Getting back to using a brake to replace slip rolls to make sheet metal cylinders. I could make octagon or less sided cylinders or make a lot more bends to come closer to the cylinder shape. A wild guess would be 8" to 5" diameter cylinders. It would be nice to go down to 4" for the filters. SO my question is; can one of these brakes keep bending until a cylinder like tube is bent without the brake, it’s self, interfering with the sheet metal bending into shape?
Cheap brake:
Better brake:
They are on eBay. I like the better brake but there may not be as much clearance for the last bends of the sheet metal cylinder like tube.
Really happy to hear you came out well.
IThink the brake in the top picture is like he one I have and the clamp bar is just loose. It’sA pain to line it up and clamp it down each time, but it would allow you to easily slide it out of your cylinder. I think the bar s 3" wide so a 4" cylinder would clear, bot you would be clamping over a previous bend.
Andy, maybe I could make a modified bar that would be narrower. Of course I like the better brake but if the cheaper one works better than there is no choice.
It would be nice to make my brake but then I would be spending time on that instead of gas.
I have one of those vise mounted brakes. Though you can make a cylinder, they are only really built to handle up to 18ga, (start to deflect) and it’s a real trial of patience, as you have to clamp for every bend, and guess at what angle for each bend, and still end up with a faceted cylinder. You have to start on both ends and work towards the middle, then cinch with straps, weld, then hammer form. The facets can be fixed by hammering on a mandrel, but it starts to get artisinal.
This is a Philippine system which should work with up to 12ga with a bit of effort, again starting from the ends, and a bit of persuasion from some weight and a big dead blow mallet… Credit to Mr. Belonio, in his interesting document, Rice Husk Gas Stove Handbook.
To close a cylinder it would have to be very sturdily braced and open on one side, or have one forming pipe secured by bolts.
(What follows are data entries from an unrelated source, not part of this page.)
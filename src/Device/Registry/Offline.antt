-- ===== src/Device/Registry/Offline.antt =====
-- How long internal/device/registry.go keeps a device that the scans no longer show.
use hdc_remote_kit.Base.{
  ◌∙◌, ap, inr, inl, arith, ◌-◌, lt→ltb, ltb, le→ltb, ◌||◌, refl, not, Option, ◌<◌, Bool-cases, ◌+◌,
  ◌≤◌, some, none, ◌≡◌, [], ◌∷◌, ℕ, List, Bytes,
}
use hdc_remote_kit.Device.Registry.{
  since, kept_mark, kept_device, stale_device, next_mark, next_device, mark_offline, scanned,
  Registry, Device, refresh, mark_stale,
}

-- A scan: it fails, or shows devices.
pub data Scan : Type 0 where
  failed : Scan
  shows : List Device → Scan

unfoldable pub after_scan : ℕ → Scan → Registry → Registry
after_scan now failed r = mark_stale now r
after_scan now (shows visible) r = refresh now visible r

unfoldable pub after_scans : List (ℕ × Scan) → Registry → Registry
after_scans [] r = r
after_scans ((now, scan) ∷ scans) r = after_scans scans (after_scan now scan r)

-- The scan does not show the device, at a time within its retention.
unfoldable pub IsMissed : Bytes → ℕ → ℕ × Scan → Type 0
IsMissed key deadline (now, failed) = Unit {0}
IsMissed key deadline (now, shows visible) = (scanned now visible key ≡ none) × (now ≤ deadline)

unfoldable pub AllMissed : Bytes → ℕ → List (ℕ × Scan) → Type 0
AllMissed key deadline [] = Unit {0}
AllMissed key deadline (scan ∷ scans) = IsMissed key deadline scan × AllMissed key deadline scans

-- The device is known and missed since `time`.
pub record IsMissing (key : Bytes) (time retain : ℕ) (r : Registry) : Type 0 where
  pub device : Device
  pub known : r.devices key ≡ some device
  pub marked : r.offline_since key ≡ some time
  pub retention : r.retain_offline ≡ retain

seen_device :
    (retain now : ℕ) (mark : Option ℕ) (previous : Option Device) (device : Device)
    → next_device retain now mark previous (some device) ≡ some device
unfolding next_device
seen_device retain now mark previous device = refl

seen_mark :
    (retain now : ℕ) (mark : Option ℕ) (previous : Option Device) (device : Device)
    → next_mark retain now mark previous (some device) ≡ none
unfolding next_mark
seen_mark retain now mark none device = refl
seen_mark retain now mark (some known) device = refl

next_device_within :
    (retain now time : ℕ) (device : Device)
    → now ≤ time + retain
    → next_device retain now (some time) (some device) none ≡ some (mark_offline now device)
unfolding next_device kept_device since
next_device_within retain now time device h = rw (le→ltb retain (now - time) (omega arith))

next_mark_within :
    (retain now time : ℕ) (device : Device)
    → now ≤ time + retain
    → next_mark retain now (some time) (some device) none ≡ some time
unfolding next_mark kept_mark since
next_mark_within retain now time device h = rw (le→ltb retain (now - time) (omega arith))

next_device_after :
    (retain now time : ℕ) (device : Device)
    → time + retain < now
    → next_device retain now (some time) (some device) none ≡ none
unfolding next_device kept_device since
next_device_after retain now time device h = rw (lt→ltb retain (now - time) (omega arith))

next_mark_after :
    (retain now time : ℕ) (device : Device)
    → time + retain < now
    → next_mark retain now (some time) (some device) none ≡ none
unfolding next_mark kept_mark since
next_mark_after retain now time device h = rw (lt→ltb retain (now - time) (omega arith))

refresh-IsMissing :
    (key : Bytes) (time retain now : ℕ) (visible : List Device) (r : Registry)
    → IsMissing key time retain r
    → scanned now visible key ≡ none
    → now ≤ time + retain
    → IsMissing key time retain (refresh now visible r)
unfolding refresh
refresh-IsMissing key time retain now visible r m h k = record {
  device = mark_offline now m.device;
  known = rw (m.known, m.marked, h, m.retention) (next_device_within retain now time m.device k);
  marked = rw (m.known, m.marked, h, m.retention) (next_mark_within retain now time m.device k);
  retention = m.retention;
}

stale_some :
    (now : ℕ) (device : Device) → (stale : Device) × (stale_device now (some device) ≡ some stale)
unfolding stale_device
stale_some now device = (_, refl)

mark_stale-IsMissing :
    (key : Bytes) (time retain now : ℕ) (r : Registry)
    → IsMissing key time retain r
    → IsMissing key time retain (mark_stale now r)
unfolding mark_stale
mark_stale-IsMissing key time retain now r m =
    let (stale, e) = stale_some now m.device in
    elim (Bool-cases (not r.ready || ltb (now - r.last_success) r.stale_after)) [
      | inl t ↦ rw t m
      | inr t ↦ rw t (record {
        device = stale;
        known = ap (stale_device now) m.known ∙ e;
        marked = m.marked;
        retention = m.retention;
      })
    ]

after_scans-IsMissing :
    (key : Bytes) (time retain : ℕ) (scans : List (ℕ × Scan)) (r : Registry)
    → IsMissing key time retain r
    → AllMissed key (time + retain) scans
    → IsMissing key time retain (after_scans scans r)
unfolding after_scans after_scan AllMissed IsMissed
after_scans-IsMissing key time retain [] r m h = m
after_scans-IsMissing key time retain ((now, failed) ∷ scans) r m (h, hs) =
    after_scans-IsMissing key time retain scans (mark_stale now r)
      (mark_stale-IsMissing key time retain now r m) hs
after_scans-IsMissing key time retain ((now, shows visible) ∷ scans) r m ((h, k), hs) =
    after_scans-IsMissing key time retain scans (refresh now visible r)
      (refresh-IsMissing key time retain now visible r m h k) hs

evicted :
    (key : Bytes) (time retain now : ℕ) (visible : List Device) (r : Registry)
    → IsMissing key time retain r
    → scanned now visible key ≡ none
    → time + retain < now
    → ((refresh now visible r).devices key ≡ none)
      × ((refresh now visible r).offline_since key ≡ none)
unfolding refresh
evicted key time retain now visible r m h k = (
  rw (m.known, m.marked, h, m.retention) (next_device_after retain now time m.device k),
  rw (m.known, m.marked, h, m.retention) (next_mark_after retain now time m.device k),
)

-- A device that is missed since some time stays known, and its mark unchanged, under any scans
-- that fail, at any time, or do not show it, at a time within the retention; a successful scan
-- behind them that does not show it, at a time beyond the retention, removes the device and its
-- mark.
pub after_scans_retained :
    (key : Bytes) (time retain now : ℕ) (scans : List (ℕ × Scan)) (visible : List Device)
    (r : Registry)
    → IsMissing key time retain r
    → AllMissed key (time + retain) scans
    → scanned now visible key ≡ none
    → time + retain < now
    → IsMissing key time retain (after_scans scans r)
      × ((refresh now visible (after_scans scans r)).devices key ≡ none)
      × ((refresh now visible (after_scans scans r)).offline_since key ≡ none)
after_scans_retained key time retain now scans visible r m h gone late =
    let missing = after_scans-IsMissing key time retain scans r m h in
    let (device, mark) =
      evicted key time retain now visible (after_scans scans r) missing gone late in
    (missing, device, mark)

next_device_now :
    (retain now : ℕ) (device : Device)
    → next_device retain now none (some device) none ≡ some (mark_offline now device)
unfolding next_device kept_device since
next_device_now retain now device = rw (le→ltb retain (now - now) (omega arith))

next_mark_now :
    (retain now : ℕ) (device : Device) → next_mark retain now none (some device) none ≡ some now
unfolding next_mark kept_mark since
next_mark_now retain now device = rw (le→ltb retain (now - now) (omega arith))

-- The first scan that does not show a device after one that did marks it, whatever mark it had.
seen-IsMissing :
    (key : Bytes) (seen missed : ℕ) (visible others : List Device) (r : Registry) (device : Device)
    → scanned seen visible key ≡ some device
    → scanned missed others key ≡ none
    → IsMissing key missed r.retain_offline (refresh missed others (refresh seen visible r))
unfolding refresh
seen-IsMissing key seen missed visible others r device h k = record {
  device = mark_offline missed device;
  known =
      rw
        (
          k,
          h,
          seen_device r.retain_offline seen (r.offline_since key) (r.devices key) device,
          seen_mark r.retain_offline seen (r.offline_since key) (r.devices key) device,
        )
        (next_device_now r.retain_offline missed device);
  marked =
      rw
        (
          k,
          h,
          seen_device r.retain_offline seen (r.offline_since key) (r.devices key) device,
          seen_mark r.retain_offline seen (r.offline_since key) (r.devices key) device,
        )
        (next_mark_now r.retain_offline missed device);
  retention = refl;
}

-- Whatever mark a device had before, a successful scan that shows it starts its retention anew:
-- missed by the next scan, which succeeds, it is missed since the time of that scan, stays so
-- under any scans that fail, or do not show it within the retention from that time, and a
-- successful scan behind them that does not show it, at a time beyond the retention, removes the
-- device and its mark.
pub refresh_restarts :
    (key : Bytes) (seen missed now : ℕ) (visible others last : List Device) (device : Device)
    (scans : List (ℕ × Scan)) (r : Registry)
    → scanned seen visible key ≡ some device
    → scanned missed others key ≡ none
    → AllMissed key (missed + r.retain_offline) scans
    → scanned now last key ≡ none
    → missed + r.retain_offline < now
    → let later = after_scans scans (refresh missed others (refresh seen visible r)) in
      IsMissing key missed r.retain_offline later
      × ((refresh now last later).devices key ≡ none)
      × ((refresh now last later).offline_since key ≡ none)
refresh_restarts key seen missed now visible others last device scans r h k all gone late =
    after_scans_retained key missed r.retain_offline now scans last
      (refresh missed others (refresh seen visible r))
      (seen-IsMissing key seen missed visible others r device h k) all gone late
The nice thing about this approach is it will not leave faceted bends. Either approach will need fairing on a mandrel, the artist’s touch to whatever degree is satisfactory.
I like the two pipe idea. 18ga or less is fine for me. I’m just working with metal 5 gallon buckets. I think the side walls of 55 gallon barrels are 18ga and that would make a good source of sheet metal. I plan to pop rivet everything together and some bolts, no welding.
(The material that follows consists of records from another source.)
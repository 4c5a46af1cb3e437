-- ===== src/Gateway.antt =====
-- internal/gateway.
pub mod Connection
pub mod Channels
pub mod Input
pub mod Shell
pub mod Permission
pub mod Hosts
pub mod Handshake
pub mod Listener
pub mod Route
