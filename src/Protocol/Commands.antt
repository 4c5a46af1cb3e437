-- ===== src/Protocol/Commands.antt =====
-- The command codes of internal/protocol/command_catalog.go.
use hdc_remote_kit.Base.{ℕ}

abbrev pub kernel_help : ℕ
kernel_help = 0

abbrev pub kernel_handshake : ℕ
kernel_handshake = 1

abbrev pub kernel_channel_close : ℕ
kernel_channel_close = 2

abbrev pub kernel_target_discover : ℕ
kernel_target_discover = 4

abbrev pub kernel_target_list : ℕ
kernel_target_list = 5

abbrev pub kernel_target_any : ℕ
kernel_target_any = 6

abbrev pub kernel_target_connect : ℕ
kernel_target_connect = 7

abbrev pub kernel_target_disconnect : ℕ
kernel_target_disconnect = 8

abbrev pub kernel_echo : ℕ
kernel_echo = 9

abbrev pub kernel_echo_raw : ℕ
kernel_echo_raw = 10

abbrev pub kernel_enable_keepalive : ℕ
kernel_enable_keepalive = 11

abbrev pub kernel_wakeup_slave_task : ℕ
kernel_wakeup_slave_task = 12

abbrev pub check_server : ℕ
check_server = 13

abbrev pub check_device : ℕ
check_device = 14

abbrev pub wait_for : ℕ
wait_for = 15

abbrev pub server_kill : ℕ
server_kill = 16

abbrev pub service_start : ℕ
service_start = 17

abbrev pub ssl_handshake : ℕ
ssl_handshake = 20

abbrev pub unity_command_head : ℕ
unity_command_head = 1000

abbrev pub unity_execute : ℕ
unity_execute = 1001

abbrev pub unity_remount : ℕ
unity_remount = 1002

abbrev pub unity_reboot : ℕ
unity_reboot = 1003

abbrev pub unity_runmode : ℕ
unity_runmode = 1004

abbrev pub unity_hilog : ℕ
unity_hilog = 1005

abbrev pub unity_rootrun : ℕ
unity_rootrun = 1007

abbrev pub jdwp_list : ℕ
jdwp_list = 1008

abbrev pub jdwp_track : ℕ
jdwp_track = 1009

abbrev pub unity_command_tail : ℕ
unity_command_tail = 1010

abbrev pub unity_bugreport_init : ℕ
unity_bugreport_init = 1011

abbrev pub unity_bugreport_data : ℕ
unity_bugreport_data = 1012

abbrev pub unity_execute_ex : ℕ
unity_execute_ex = 1200

abbrev pub shell_init : ℕ
shell_init = 2000

abbrev pub shell_data : ℕ
shell_data = 2001

abbrev pub forward_init : ℕ
forward_init = 2500

abbrev pub forward_check : ℕ
forward_check = 2501

abbrev pub forward_check_result : ℕ
forward_check_result = 2502

abbrev pub forward_active_slave : ℕ
forward_active_slave = 2503

abbrev pub forward_active_master : ℕ
forward_active_master = 2504

abbrev pub forward_data : ℕ
forward_data = 2505

abbrev pub forward_free_context : ℕ
forward_free_context = 2506

abbrev pub forward_list : ℕ
forward_list = 2507

abbrev pub forward_remove : ℕ
forward_remove = 2508

abbrev pub forward_success : ℕ
forward_success = 2509

abbrev pub file_init : ℕ
file_init = 3000

abbrev pub file_check : ℕ
file_check = 3001

abbrev pub file_begin : ℕ
file_begin = 3002

abbrev pub file_data : ℕ
file_data = 3003

abbrev pub file_finish : ℕ
file_finish = 3004

abbrev pub app_sideload : ℕ
app_sideload = 3005

abbrev pub file_mode : ℕ
file_mode = 3006

abbrev pub dir_mode : ℕ
dir_mode = 3007

abbrev pub app_init : ℕ
app_init = 3500

abbrev pub app_check : ℕ
app_check = 3501

abbrev pub app_begin : ℕ
app_begin = 3502

abbrev pub app_data : ℕ
app_data = 3503

abbrev pub app_finish : ℕ
app_finish = 3504

abbrev pub app_uninstall : ℕ
app_uninstall = 3505

abbrev pub flash_update_init : ℕ
flash_update_init = 4000

abbrev pub flash_flash_init : ℕ
flash_flash_init = 4001

abbrev pub flash_check : ℕ
flash_check = 4002

abbrev pub flash_begin : ℕ
flash_begin = 4003

abbrev pub flash_data : ℕ
flash_data = 4004

abbrev pub flash_finish : ℕ
flash_finish = 4005

abbrev pub flash_erase : ℕ
flash_erase = 4006

abbrev pub flash_format : ℕ
flash_format = 4007

abbrev pub flash_progress : ℕ
flash_progress = 4008

abbrev pub heartbeat_message : ℕ
heartbeat_message = 5000

abbrev pub legacy_kernel_server_kill : ℕ
legacy_kernel_server_kill = 3

abbrev pub legacy_client_key_generate : ℕ
legacy_client_key_generate = 18

abbrev pub legacy_unity_terminate : ℕ
legacy_unity_terminate = 1006

abbrev pub legacy_forward_rport_init : ℕ
legacy_forward_rport_init = 2510

abbrev pub legacy_forward_rport_list : ℕ
legacy_forward_rport_list = 2511

abbrev pub legacy_forward_rport_remove : ℕ
legacy_forward_rport_remove = 2512

abbrev pub legacy_file_recv_init : ℕ
legacy_file_recv_init = 3008

abbrev pub legacy_uart_finish : ℕ
legacy_uart_finish = 4009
I have no idea when I will be able to use a chop saw and a welder so fabing a bender is kind of out for some time. However the two pipe bender above comes close.
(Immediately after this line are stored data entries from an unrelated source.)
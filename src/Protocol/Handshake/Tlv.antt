-- ===== src/Protocol/Handshake/Tlv.antt =====
-- The fixed-width TLV buffer of a handshake, internal/protocol/daemon.go: `AppendHandshakeTLV`,
-- `ParseHandshakeTLV` and the buffers that the replies carry.
use hdc_remote_kit.Base.{
  zero, ◌>>=◌, ◌-◌, ◌+◌, drop, none, ◌||◌, ◌*◌, suc, take, ltb, err, bytes_eq, ◌∷◌, some, ok,
  length, if◌then◌else◌, ◌++◌, codes, [], Result, Option, List, ℕ, Bytes,
}
use hdc_remote_kit.Strings.{trim_space, decimal, pad_right}

abbrev pub auth_tlv_field_width : ℕ
auth_tlv_field_width = 16

abbrev pub daemon_auth_success : Bytes
daemon_auth_success = codes "SUCCESS"

abbrev pub daemon_auth_unauthorized : Bytes
daemon_auth_unauthorized = codes "DAEMON_UNAUTH"

abbrev pub handshake_tlv_auth_type : Bytes
handshake_tlv_auth_type = codes "authtype"

abbrev pub handshake_auth_type_sha512 : Bytes
handshake_auth_type_sha512 = codes "1"

unfoldable pub append_handshake_tlv : Bytes → Bytes → Bytes → Bytes
append_handshake_tlv buffer tag value =
    buffer
    ++ (pad_right auth_tlv_field_width (take auth_tlv_field_width tag)
        ++ (pad_right auth_tlv_field_width (decimal (length value)) ++ value))

pub build_auth_status_tlv : Bytes → Bytes → Bytes → Bytes
build_auth_status_tlv device_name message auth_status =
    append_handshake_tlv
      (append_handshake_tlv
        (append_handshake_tlv (append_handshake_tlv [] (codes "emgmsg") message) (codes "devname")
          device_name)
        (codes "daemonauthstatus") auth_status)
      (codes "1200") (codes "enable")

pub data TlvError : Type 0 where
  truncated invalid_length value_truncated : TlvError

-- The digits of a length; any other character is an error, and no digit is 0.
read_length : ℕ → Bytes → Option ℕ
read_length value [] = some value
read_length value (c ∷ text) =
    if ltb c b'0' || ltb b'9' c then none else read_length (value * 10 + (c - b'0')) text

-- `fields[tag] = value` where the tag is not empty; a map is the list of its last writes first.
set_field : Bytes → Bytes → List (Bytes × Bytes) → List (Bytes × Bytes)
set_field [] value fields = fields
set_field (c ∷ tag) value fields = (c ∷ tag, value) ∷ fields

unfoldable pub field_value : Bytes → List (Bytes × Bytes) → Bytes
field_value tag [] = []
field_value tag ((key, value) ∷ fields) = if bytes_eq key tag then value else field_value tag fields

-- One round on the bytes that remain: the tag, the value and what remains then.
tlv_item : Bytes → Result TlvError (Bytes × Bytes × Bytes)
tlv_item remaining =
    if ltb (length remaining) (auth_tlv_field_width * 2)
    then err truncated
    else (elim (read_length 0
        (trim_space (take auth_tlv_field_width (drop auth_tlv_field_width remaining)))) [
          | none ↦ err invalid_length
          | some size ↦
              if ltb (length remaining) (auth_tlv_field_width * 2 + size)
              then err value_truncated
              else ok (
                trim_space (take auth_tlv_field_width remaining),
                take size (drop (auth_tlv_field_width * 2) remaining),
                drop (auth_tlv_field_width * 2 + size) remaining,
              )
        ])

parse_loop : ℕ → Bytes → List (Bytes × Bytes) → Result TlvError (List (Bytes × Bytes))
parse_loop fuel [] fields = ok fields
parse_loop zero (c ∷ text) fields = err truncated
parse_loop (suc fuel) (c ∷ text) fields = do
  (tag, value, rest) ← tlv_item (c ∷ text)
  parse_loop fuel rest (set_field tag value fields)

-- A round takes 32 bytes at least.
pub parse_handshake_tlv : Bytes → Result TlvError (List (Bytes × Bytes))
parse_handshake_tlv buffer = parse_loop (length buffer) buffer []
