-- ===== src/Protocol/Catalog.antt =====
-- The two catalogues of internal/protocol/command_catalog.go. A Go map
-- with constant keys is an association list.
pub mod Families
use hdc_remote_kit.Base.{ℕ, List, [], ◌∷◌, Option, none, some, String, ◌==◌, if◌then◌else◌}
use hdc_remote_kit.Protocol.Commands.{
  kernel_help, kernel_handshake, kernel_channel_close, kernel_target_discover, kernel_target_list,
  kernel_target_any, kernel_target_connect, kernel_target_disconnect, kernel_echo, kernel_echo_raw,
  kernel_enable_keepalive, kernel_wakeup_slave_task, check_server, check_device, wait_for,
  server_kill, service_start, ssl_handshake, unity_command_head, unity_execute, unity_remount,
  unity_reboot, unity_runmode, unity_hilog, unity_rootrun, jdwp_list, jdwp_track,
  unity_command_tail, unity_bugreport_init, unity_bugreport_data, unity_execute_ex, shell_init,
  shell_data, forward_init, forward_check, forward_check_result, forward_active_slave,
  forward_active_master, forward_data, forward_free_context, forward_list, forward_remove,
  forward_success, file_init, file_check, file_begin, file_data, file_finish, app_sideload,
  file_mode, dir_mode, app_init, app_check, app_begin, app_data, app_finish, app_uninstall,
  flash_update_init, flash_flash_init, flash_check, flash_begin, flash_data, flash_finish,
  flash_erase, flash_format, flash_progress, heartbeat_message, legacy_kernel_server_kill,
  legacy_client_key_generate, legacy_unity_terminate, legacy_forward_rport_init,
  legacy_forward_rport_list, legacy_forward_rport_remove, legacy_file_recv_init, legacy_uart_finish,
}

pub data Family : Type 0 where
  unknown kernel shell unity forward file app flash heartbeat : Family

pub data CommandOrigin : Type 0 where
  official legacy : CommandOrigin

pub record CommandDescriptor : Type 0 where
  pub name : String
  pub family : Family
  pub origin : CommandOrigin

abbrev official_command : String → Family → CommandDescriptor
official_command name family = record { name = name; family = family; origin = official }

abbrev legacy_alias : String → Family → CommandDescriptor
legacy_alias name family = record { name = name; family = family; origin = legacy }

abbrev pub official_commands : List (ℕ × CommandDescriptor)
official_commands =
    (kernel_help, official_command "KernelHelp" kernel)
    ∷ (kernel_handshake, official_command "KernelHandshake" kernel)
    ∷ (kernel_channel_close, official_command "KernelChannelClose" kernel)
    ∷ (kernel_target_discover, official_command "KernelTargetDiscover" kernel)
    ∷ (kernel_target_list, official_command "KernelTargetList" kernel)
    ∷ (kernel_target_any, official_command "KernelTargetAny" kernel)
    ∷ (kernel_target_connect, official_command "KernelTargetConnect" kernel)
    ∷ (kernel_target_disconnect, official_command "KernelTargetDisconnect" kernel)
    ∷ (kernel_echo, official_command "KernelEcho" kernel)
    ∷ (kernel_echo_raw, official_command "KernelEchoRaw" kernel)
    ∷ (kernel_enable_keepalive, official_command "KernelEnableKeepalive" kernel)
    ∷ (kernel_wakeup_slave_task, official_command "KernelWakeupSlaveTask" kernel)
    ∷ (check_server, official_command "CheckServer" kernel)
    ∷ (check_device, official_command "CheckDevice" kernel)
    ∷ (wait_for, official_command "WaitFor" kernel)
    ∷ (server_kill, official_command "ServerKill" kernel)
    ∷ (service_start, official_command "ServiceStart" kernel)
    ∷ (ssl_handshake, official_command "SSLHandshake" kernel)
    ∷ (unity_command_head, official_command "UnityCommandHead" unity)
    ∷ (unity_execute, official_command "UnityExecute" shell)
    ∷ (unity_remount, official_command "UnityRemount" unity)
    ∷ (unity_reboot, official_command "UnityReboot" unity)
    ∷ (unity_runmode, official_command "UnityRunmode" unity)
    ∷ (unity_hilog, official_command "UnityHilog" unity)
    ∷ (unity_rootrun, official_command "UnityRootrun" unity)
    ∷ (jdwp_list, official_command "JdwpList" unity)
    ∷ (jdwp_track, official_command "JdwpTrack" unity)
    ∷ (unity_command_tail, official_command "UnityCommandTail" unity)
    ∷ (unity_bugreport_init, official_command "UnityBugreportInit" unity)
    ∷ (unity_bugreport_data, official_command "UnityBugreportData" unity)
    ∷ (unity_execute_ex, official_command "UnityExecuteEx" shell)
    ∷ (shell_init, official_command "ShellInit" shell)
    ∷ (shell_data, official_command "ShellData" shell)
    ∷ (forward_init, official_command "ForwardInit" forward)
    ∷ (forward_check, official_command "ForwardCheck" forward)
    ∷ (forward_check_result, official_command "ForwardCheckResult" forward)
    ∷ (forward_active_slave, official_command "ForwardActiveSlave" forward)
    ∷ (forward_active_master, official_command "ForwardActiveMaster" forward)
    ∷ (forward_data, official_command "ForwardData" forward)
    ∷ (forward_free_context, official_command "ForwardFreeContext" forward)
    ∷ (forward_list, official_command "ForwardList" forward)
    ∷ (forward_remove, official_command "ForwardRemove" forward)
    ∷ (forward_success, official_command "ForwardSuccess" forward)
    ∷ (file_init, official_command "FileInit" file)
    ∷ (file_check, official_command "FileCheck" file)
    ∷ (file_begin, official_command "FileBegin" file)
    ∷ (file_data, official_command "FileData" file)
    ∷ (file_finish, official_command "FileFinish" file)
    ∷ (app_sideload, official_command "AppSideload" file)
    ∷ (file_mode, official_command "FileMode" file)
    ∷ (dir_mode, official_command "DirMode" file)
    ∷ (app_init, official_command "AppInit" app)
    ∷ (app_check, official_command "AppCheck" app)
    ∷ (app_begin, official_command "AppBegin" app)
    ∷ (app_data, official_command "AppData" app)
    ∷ (app_finish, official_command "AppFinish" app)
    ∷ (app_uninstall, official_command "AppUninstall" app)
    ∷ (flash_update_init, official_command "FlashdUpdateInit" flash)
    ∷ (flash_flash_init, official_command "FlashdFlashInit" flash)
    ∷ (flash_check, official_command "FlashdCheck" flash)
    ∷ (flash_begin, official_command "FlashdBegin" flash)
    ∷ (flash_data, official_command "FlashdData" flash)
    ∷ (flash_finish, official_command "FlashdFinish" flash)
    ∷ (flash_erase, official_command "FlashdErase" flash)
    ∷ (flash_format, official_command "FlashdFormat" flash)
    ∷ (flash_progress, official_command "FlashdProgress" flash)
    ∷ (heartbeat_message, official_command "HeartbeatMsg" heartbeat)
    ∷ []

abbrev pub legacy_commands : List (ℕ × CommandDescriptor)
legacy_commands =
    (legacy_kernel_server_kill, legacy_alias "LegacyKernelServerKill" kernel)
    ∷ (legacy_client_key_generate, legacy_alias "LegacyClientKeyGenerate" kernel)
    ∷ (legacy_unity_terminate, legacy_alias "LegacyUnityTerminate" unity)
    ∷ (legacy_forward_rport_init, legacy_alias "LegacyForwardRportInit" forward)
    ∷ (legacy_forward_rport_list, legacy_alias "LegacyForwardRportList" forward)
    ∷ (legacy_forward_rport_remove, legacy_alias "LegacyForwardRportRemove" forward)
    ∷ (legacy_file_recv_init, legacy_alias "LegacyFileRecvInit" file)
    ∷ (legacy_uart_finish, legacy_alias "LegacyUartFinish" flash)
    ∷ []

find_command : ℕ → List (ℕ × CommandDescriptor) → Option CommandDescriptor
find_command command [] = none
find_command command ((key, descriptor) ∷ rest) =
    if key == command then some descriptor else find_command command rest

-- `LookupCommand`: the official table first, then the aliases.
unfoldable pub lookup_command : ℕ → Option CommandDescriptor
unfolding find_command
lookup_command command = elim (find_command command official_commands) [
  | some descriptor ↦ some descriptor
  | none ↦ find_command command legacy_commands
]

-- `CommandFamily`.
unfoldable pub command_family : ℕ → Family
unfolding lookup_command
command_family command = elim (lookup_command command) [
  | some descriptor ↦ descriptor.family
  | none ↦ unknown
]
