-- ===== src/Protocol/Protect.antt =====
-- `encodeProtect` and `decodeProtect` of internal/protocol/daemon.go: the four numbers in front of
-- a frame's payload.
pub mod Laws
use hdc_remote_kit.Base.{
  ℕ, ◌^◌, Bool, true, false, [], Bytes, Result, ok, err, ◌>>=◌, ◌>>◌, fail_if, leb, ◌==◌,
  if◌then◌else◌, not,
}
use hdc_remote_kit.Protocol.Cursor.{
  Error, channel_out_of_range, command_out_of_range, checksum_out_of_range, vcode_out_of_range,
  command_missing, varint, skip, append_varint_field, FieldStep, read_fields,
}

abbrev pub daemon_vcode : ℕ
daemon_vcode = 0x09

pub record PayloadProtect : Type 0 where
  pub channel_id : ℕ
  pub command_flag : ℕ
  pub check_sum : ℕ
  pub vcode : ℕ

-- The variables of `decodeProtect`: `result` and `commandSeen`.
pub record ProtectState : Type 0 where
  pub result : PayloadProtect
  pub command_seen : Bool

abbrev pub start : ProtectState
start = record {
  result = record { channel_id = 0; command_flag = 0; check_sum = 0; vcode = 0 };
  command_seen = false;
}

pub encode_protect : ℕ → ℕ → ℕ → Bytes
encode_protect channel_id command_flag checksum =
    append_varint_field
      (append_varint_field
        (append_varint_field (append_varint_field [] 1 channel_id) 2 command_flag) 3 checksum)
      4 daemon_vcode

-- The switch on the field number. A field that it does not name is read and dropped.
set_field : ProtectState → ℕ → ℕ → Result Error ProtectState
set_field s field value =
    let r = s.result in
    if field == 1
    then (if leb (2 ^ 32) value
        then err (channel_out_of_range value)
        else ok (record s { result = record r { channel_id = value } }))
    else if field == 2
    then (if leb (2 ^ 32) value
        then err (command_out_of_range value)
        else ok (record { result = record r { command_flag = value }; command_seen = true }))
    else if field == 3
    then (if leb (2 ^ 8) value
        then err (checksum_out_of_range value)
        else ok (record s { result = record r { check_sum = value } }))
    else if field == 4
    then (if leb (2 ^ 8) value
        then err (vcode_out_of_range value)
        else ok (record s { result = record r { vcode = value } }))
    else ok s

-- One round of the loop: a field of another wire type is skipped.
protect_step : FieldStep ProtectState
protect_step s field wire c =
    if wire == 0
    then (do (value, c') ← varint c; s' ← set_field s field value; ok (s', c'))
    else (do c' ← skip wire c; ok (s, c'))

pub decode_protect : Bytes → Result Error PayloadProtect
decode_protect payload = do
  s ← read_fields (λ _. false) protect_step start payload
  fail_if (not s.command_seen) command_missing
  ok s.result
Here is a homemade lite sheet metal bender that I have been thinking about. Might have to start out with a longer sheet of metal than needed. Get something like two or more hose clamps. Keep tightening the clamps until the sheet is wrapped around a form. Then possibly pop rivet. The form would need holes where riveted. Better yet, wrap a cable around the loose cylinder (with form inside), one end of the cable attached to a fixed object like a wall. the other end attached to a winch. The second cable would wrap reverse direction to counter possible rotational forces. It would be nice to use just one winch for both cables. If I can find some string, paper and a form I will make a model and post a photo.
I have seen a simple hand cranked machine that crimps 2 sheet metals together. Wery old, it was used to make buckets and gutters. It had 2 axles with changable rollers that crimped the rim in stages l think. This wuld be ideal for you.